Ist es mit 'als' austauschbar? ... als sie ihn nannten, würde.. ?

Auf English:

as they denominated him, he turned into idol
from the moment they denominated him, he turned into idol


Is that correct?


----------



## Schimmelreiter

_as they denominated him _is perfect. To me, _wie_, as Mauthner uses it, is polyambiguous: I see cause _(weil), _instrument _(indem)_, time _(sobald)_ and manner _(wie)_. And I've always felt that all four are in _as. _


----------



## Löwenfrau

Thanks.


----------



## perpend

"as they denominated him" doesn't sound right to me---well, let's say it sounds off. First, "denominated" sounds off. It seems more like if they were literally to "name" him, as in "call God's name". Is the text trying to say that if the mystics used a name to refer to God, then it was idolatry? I guess I would need to read more of the text. "denominated" doesn't seem to mean that, but I may be wrong. Second, "as" disturbs me for the English, but I can't put my finger on why. I think there's a better solution.


----------



## Löwenfrau

Perpend,

I think he is saying that, when the mystics gave God a name, they left space for others to (mis)understand Him as an idol. Maybe the previous paragraph can explain that:

"(...) Der Okkultismus, der gegenwärtig unter vielen Namen sich gebärdet, als ob er eine neue Religion und einen neuen Gott gebären wollte, ist doch nur die Mystik des dummen Kerls. Die großen Mystiker aus der Nachfolge Buddhas und Jesus hatten den Sinn der Welt gefunden, in ihrem Gefühl, jeder für sich, nicht mitteilbar."

But those were the great mystics. The stupid ones misunderstand their words as idolatry.

Now, as to "as" , what would you think of "from the moment"?


----------



## perpend

Thanks for more context, LF.

Is there any possibility, that it's "... wehe sie ihn nannten ..."?

I'm going into my mystic mode, and will stew on this. 

"_from the moment _they named Him (God)" .... hmmm. Yes, that's a definite improvement in your text, for me. It gives me more clarity in the text.


----------



## Schimmelreiter

perpend said:


> "denominated" sounds off. It seems more like if they were literally to "name" him, as in "call God's name". Is the text trying to say that if the mystics used a name to refer to God, then it was idolatry?
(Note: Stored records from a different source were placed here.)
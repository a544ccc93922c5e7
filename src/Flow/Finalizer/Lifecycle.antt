-- ===== src/Flow/Finalizer/Lifecycle.antt =====
-- When a `WithFinalizer` holds its finalizer (reconcilers/finalizer.go).
use reconciler_runtime.Base.{Bool, true, false, Option, none, some, ◌==◌, ◌≡◌, refl, inl, inr, ◌⊎◌}
use reconciler_runtime.Errors.{Error}
use reconciler_runtime.Results.{Result, empty_result}
use reconciler_runtime.Context.{Context}
use reconciler_runtime.Exec.{Outcome, returned, M, pure, continue, ◌>>=◌}
use reconciler_runtime.Flow.{Reply, SubReconciler}
use reconciler_runtime.Flow.Finalizer.{
  External, State, WithFinalizer, ensure_finalizer, is_deleting, unless_error, reconcile,
  clear_phase,
}
use reconciler_runtime.Flow.Finalizer.Patching.{
  AreLists, AnswersWithDesired, Ensured, patch_reply, ensure_finalizer-Ensured,
}

module _ {Config B W : Type 0} (ext : External Config B W) (lists : AreLists ext)
    (answers : AnswersWithDesired ext) (r : WithFinalizer Config (State B W))
    (nested : SubReconciler Config (State B W)) (has_nested : r.reconciler ≡ some nested)
    (named : (r.finalizer == "") ≡ false) (ctx : Context Config) (config : Config)
    (has_config : ctx.original_config ≡ some config) where
  -- Does the resource have the finalizer?
  abbrev Has : State B W → Bool → Type 0
  Has s b = ext.contains_finalizer s.resource.finalizers r.finalizer ≡ b

  -- The nested reconciler, and the finalizer cleared after it.
  abbrev rest : M (State B W) Reply
  rest = nested.reconcile ctx >>= clear_phase ext r ctx

  -- With a finalizer that is not empty, the original config on the context, helpers that put a
  -- finalizer into the list and take it out, and a patch that answers with the finalizers it is
  -- sent: a resource that is not being deleted gets to the nested reconciler with the finalizer on
  -- it, or not at all: then the error of the patch that sets it is returned with an empty result,
  -- and the resource is left.
  pub reconcile_guards :
      (s : State B W)
      → is_deleting s ≡ false
      → ((t : State B W) × Has t true
          × (t.resource.body ≡ s.resource.body)
          × (reconcile ext r ctx s ≡ rest t))
        ⊎ ((e : Error) × (t : State B W) × ((patch_reply ext config r.finalizer true s).error
              ≡ some e)
            × (t.resource ≡ s.resource)
            × (reconcile ext r ctx s ≡ (returned (empty_result, some e), t)))
  unfolding reconcile
  reconcile_guards s d =
      rw (d, reconcile)
        (rw has_nested (
          after (ensure_finalizer ext ctx r.finalizer true s) (
            ensure_finalizer-Ensured ext lists answers ctx config r.finalizer true s has_config
              named)))
    where
      after :
          (run : Outcome (Option Error) × State B W)
          → Ensured ext config r.finalizer true s run
          → ((t : State B W) × Has t true
              × (t.resource.body ≡ s.resource.body)
              × (continue run.0 (λ err. unless_error err rest) run.1 ≡ rest t))
            ⊎ ((e : Error) × (t : State B W) × ((patch_reply ext config r.finalizer true s).error
                  ≡ some e)
                × (t.resource ≡ s.resource)
                × (continue run.0 (λ err. unless_error err rest) run.1
                    ≡ (returned (empty_result, some e), t)))
      after (o, t) (inl (ok, has), body, deletion) = inl (t, has, body, rw ok refl)
      after (o, t) (inr (e, of_patch, failed, same), body, deletion) =
          inr (e, t, of_patch, same, rw failed refl)

  -- With a finalizer that is not empty, the original config on the context, helpers that put a
  -- finalizer into the list and take it out, and a patch that answers with the finalizers it is
  -- sent: while the resource is being deleted, before and after the nested reconciler, and that
  -- returns without an error, a reconcile ends with the finalizer taken out, or with an empty
  -- result and the error of the patch that takes it out.
  pub reconcile_clears :
      (s t : State B W) (result : Result)
      → is_deleting s ≡ true
      → nested.reconcile ctx s ≡ (returned (result, none), t)
      → is_deleting t ≡ true
      → (u : State B W) × (((reconcile ext r ctx s ≡ (returned (result, none), u)) × Has u false)
          ⊎ ((e : Error) × ((patch_reply ext config r.finalizer false t).error ≡ some e)
              × (reconcile ext r ctx s ≡ (returned (empty_result, some e), u))))
  unfolding reconcile
  reconcile_clears s t result d h d' =
      rw (d, reconcile)
        (rw has_nested (
          rw h (
            rw d' (
              after (ensure_finalizer ext ctx r.finalizer false t) (
                ensure_finalizer-Ensured ext lists answers ctx config r.finalizer false t has_config
                  named)))))
    where
      after :
          (run : Outcome (Option Error) × State B W)
          → Ensured ext config r.finalizer false t run
          → (u : State B W) × (((continue run.0
                    (λ err. unless_error err (pure (result, none)))
                    run.1
                  ≡ (returned (result, none), u))
                × Has u false)
              ⊎ ((e : Error) × ((patch_reply ext config r.finalizer false t).error ≡ some e)
                  × (continue run.0 (λ err. unless_error err (pure (result, none))) run.1
                      ≡ (returned (empty_result, some e), u))))
      after (o, u) (inl (ok, has), body, deletion) = (u, inl (rw ok refl, has))
      after (o, u) (inr (e, of_patch, failed, same), body, deletion) =
          (u, inr (e, of_patch, rw failed refl))
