-- ===== src/Flow/Finalizer/Tests.antt =====
-- Witnesses on finalizers (reconcilers/finalizer.go). The world counts the patches.
use reconciler_runtime.Base.{
  ℕ, suc, ◌≡◌, refl, String, Bool, true, false, Option, none, some, List, [], ◌∷◌, ◌==◌, ◌⊎◌, inl,
  inr, if◌then◌else◌, arith, eq_iff, Bool-cases,
}
use reconciler_runtime.Base.Int.{pos}
use reconciler_runtime.Errors.{Error}
use reconciler_runtime.Results.{Result, empty_result}
use reconciler_runtime.Context.{Context, background, stash_original_config}
use reconciler_runtime.Exec.{returned, pure, ◌>>=◌}
use reconciler_runtime.Flow.{SubReconciler}
use reconciler_runtime.Flow.Finalizer
use reconciler_runtime.Flow.Finalizer.{Resource, State}
use reconciler_runtime.Flow.Finalizer.Patching
use reconciler_runtime.Flow.Finalizer.Lifecycle

abbrev in_a_minute : Result
in_a_minute = record { requeue = false; requeue_after = pos 60 }

-- Finalizers as lists, and a server that makes every change.
abbrev contains_finalizer : List String → String → Bool
contains_finalizer [] f = false
contains_finalizer (x ∷ fs) f = if x == f then true else contains_finalizer fs f

abbrev remove_finalizer : List String → String → List String
remove_finalizer [] f = []
remove_finalizer (x ∷ fs) f = if x == f then remove_finalizer fs f else x ∷ remove_finalizer fs f

abbrev server : Finalizer.External String Bool ℕ
server = record {
  contains_finalizer = contains_finalizer;
  add_finalizer = λ fs f. f ∷ fs;
  remove_finalizer = remove_finalizer;
  patch = λ config current desired w. record {
    error = none;
    patched = record desired { resource_version = "2" };
    after = suc w;
  };
}

removed : (fs : List String) (f : String) → contains_finalizer (remove_finalizer fs f) f ≡ false
removed [] f = refl
removed (x ∷ fs) f = elim (Bool-cases (x == f)) [
  | inl same ↦ rw same (removed fs f)
  | inr other ↦ rw other (rw other (removed fs f))
]

server-AreLists : Patching.AreLists server
server-AreLists = record { added = λ fs f. ground (arith, eq_iff f f); removed = removed }

server_answers : Patching.AnswersWithDesired server
server_answers c current desired w h = refl

abbrev with_config : Context String
with_config = stash_original_config background "cluster"

abbrev work : SubReconciler String (State Bool ℕ)
work = record {
  setup_with_manager = λ c. pure none;
  reconcile = λ c s. (returned (in_a_minute, none), s);
}

abbrev holding : Finalizer.WithFinalizer String (State Bool ℕ)
holding = record { name = ""; finalizer = "example.com/held"; reconciler = some work }

abbrev resource : List String → Option ℕ → State Bool ℕ
resource fs deletion = record {
  resource = record {
    finalizers = fs;
    resource_version = "1";
    generation = pos 1;
    deletion_timestamp = deletion;
    body = true;
  };
  events = [];
  world = 0;
}

ensure_finalizer-Ensured_example :
    Patching.Ensured server "cluster" "example.com/held" true
      (resource [] none)
      (Finalizer.ensure_finalizer server with_config "example.com/held" true (resource [] none))
ensure_finalizer-Ensured_example =
    Patching.ensure_finalizer-Ensured server server-AreLists server_answers with_config "cluster"
      "example.com/held" true (resource [] none) refl refl

reconcile_guards_example :
    ((t : State Bool ℕ) × (contains_finalizer t.resource.finalizers "example.com/held" ≡ true)
      × (t.resource.body ≡ true)
      × (Finalizer.reconcile server holding with_config (resource [] none)
          ≡ (work.reconcile with_config >>= Finalizer.clear_phase server holding with_config) t))
    ⊎ ((e : Error) × (t : State Bool ℕ) × ((Patching.patch_reply server "cluster" "example.com/held"
            true
            (resource [] none)).error
          ≡ some e)
        × (t.resource ≡ (resource [] none).resource)
        × (Finalizer.reconcile server holding with_config (resource [] none)
            ≡ (returned (empty_result, some e), t)))
reconcile_guards_example =
    Lifecycle.reconcile_guards server server-AreLists server_answers holding work refl refl
      with_config "cluster" refl (resource [] none) refl

abbrev held : State Bool ℕ
held = resource ("example.com/held" ∷ []) (some 8)

reconcile_clears_example :
    (u : State Bool ℕ) × (((Finalizer.reconcile server holding with_config held
          ≡ (returned (in_a_minute, none), u))
        × (contains_finalizer u.resource.finalizers "example.com/held" ≡ false))
      ⊎ ((e : Error) × ((Patching.patch_reply server "cluster" "example.com/held" false held).error
            ≡ some e)
          × (Finalizer.reconcile server holding with_config held
              ≡ (returned (empty_result, some e), u))))
reconcile_clears_example =
    Lifecycle.reconcile_clears server server-AreLists server_answers holding work refl refl
      with_config "cluster" refl held held in_a_minute refl refl refl
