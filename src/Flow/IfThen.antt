-- ===== src/Flow/IfThen.antt =====
-- `IfThen` (reconcilers/flow.go).
use reconciler_runtime.Base.{
  Option, none, some, String, Bool, [], ◌∷◌, if◌then◌else◌, is_none, Option-cases, inl, inr, ◌≡◌,
  arith,
}
use reconciler_runtime.Errors.{Error, errorf}
use reconciler_runtime.Results.{empty_result}
use reconciler_runtime.Context.{Context}
use reconciler_runtime.Exec.{returned, M, pure, call, ◌>>=◌}
use reconciler_runtime.Flow.{
  Reply, Setup, SubReconciler, name_or, run_setup, then_if_ok, setup_nested,
}

pub record IfThen (Config S : Type 0) : Type 0 where
  pub name : String
  pub setup : Option (Setup Config S)
  pub condition : Option (Context Config → M S Bool)
  pub then_branch : Option (SubReconciler Config S)
  pub else_branch : Option (SubReconciler Config S)

module _ {Config S : Type 0} where
  abbrev pub init : IfThen Config S → IfThen Config S
  init r = record r { name = name_or r.name "IfThen" }

  unfoldable pub validate : IfThen Config S → Option Error
  validate r =
      if is_none r.condition
      then some (errorf "IfThen %q must implement If" (r.name ∷ []))
      else if is_none r.then_branch
      then some (errorf "IfThen %q must implement Then" (r.name ∷ []))
      else none

  unfoldable pub setup_with_manager : IfThen Config S → Context Config → M S (Option Error)
  unfolding validate
  setup_with_manager r0 ctx =
      let r = init r0 in
      then_if_ok (validate r) (
        run_setup r.setup ctx >>= λ err. then_if_ok err (
          call r.then_branch (λ branch. branch.setup_with_manager ctx) >>= λ err.
          then_if_ok err (setup_nested r.else_branch ctx)))

  -- The second branch, or an empty result.
  abbrev pub or_nothing : Option (SubReconciler Config S) → Context Config → M S Reply
  or_nothing none ctx = pure (empty_result, none)
  or_nothing (some branch) ctx = branch.reconcile ctx

  unfoldable pub reconcile : IfThen Config S → Context Config → M S Reply
  reconcile r0 ctx =
      let r = init r0 in
      call r.condition (λ test. test ctx >>= λ holds.
      if holds
      then call r.then_branch (λ branch. branch.reconcile ctx)
      else or_nothing r.else_branch ctx)

  -- A validated `IfThen` runs the first branch when its condition holds, and otherwise the second
  -- one, or nothing when there is none; the branch starts in the state that the condition leaves.
  reconcile_branches :
      (r : IfThen Config S) (ctx : Context Config) (s s' : S) (b : Bool)
      (test : Context Config → M S Bool)
      → validate r ≡ none
      → r.condition ≡ some test
      → test ctx s ≡ (returned b, s')
      → (branch : SubReconciler Config S) × (r.then_branch ≡ some branch)
        × (reconcile r ctx s
            ≡ (if b then branch.reconcile ctx s' else or_nothing r.else_branch ctx s'))
  unfolding validate reconcile
  reconcile_branches r ctx s s' b test h c t = elim (Option-cases r.then_branch) [
    | inl e ↦ absurd (cc (rw (c, e) at h))
    | inr (branch, e) ↦ (branch, e, rw (c, reconcile) (rw t (ground arith)))
  ]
Yes, it is. This, precisely, is the message. 
_
*Auch den großen Mystikern war Gott nur in ihrem Gefühl, unsagbar;* [...]

*Also the great mystics held that God could only be sensed and was ineffable*__*;* [...]


_*So the very act of giving God a name made God an idol:*

_[...;] *wie sie ihn nannten, wurde er zum Götzen.*_

The message as such is not the problem. The conjunction _wie_ is. That's why I wrote


Schimmelreiter said:


> To me, _wie_, as Mauthner uses it, is polyambiguous: I see cause _(weil), _instrument _(indem)_, time _(sobald)_ and manner _(wie)_. And I've always felt that all four are in _as._



Mauthner's _wie_ means, 

_[...;] *because *they gave him a name.

_*and

*_[...;] *by* giving him a name.

_*and

*_[...;] *from the moment/as soon as *they gave him a name.

_*and

*_[...;] *what kind of name* they gave him.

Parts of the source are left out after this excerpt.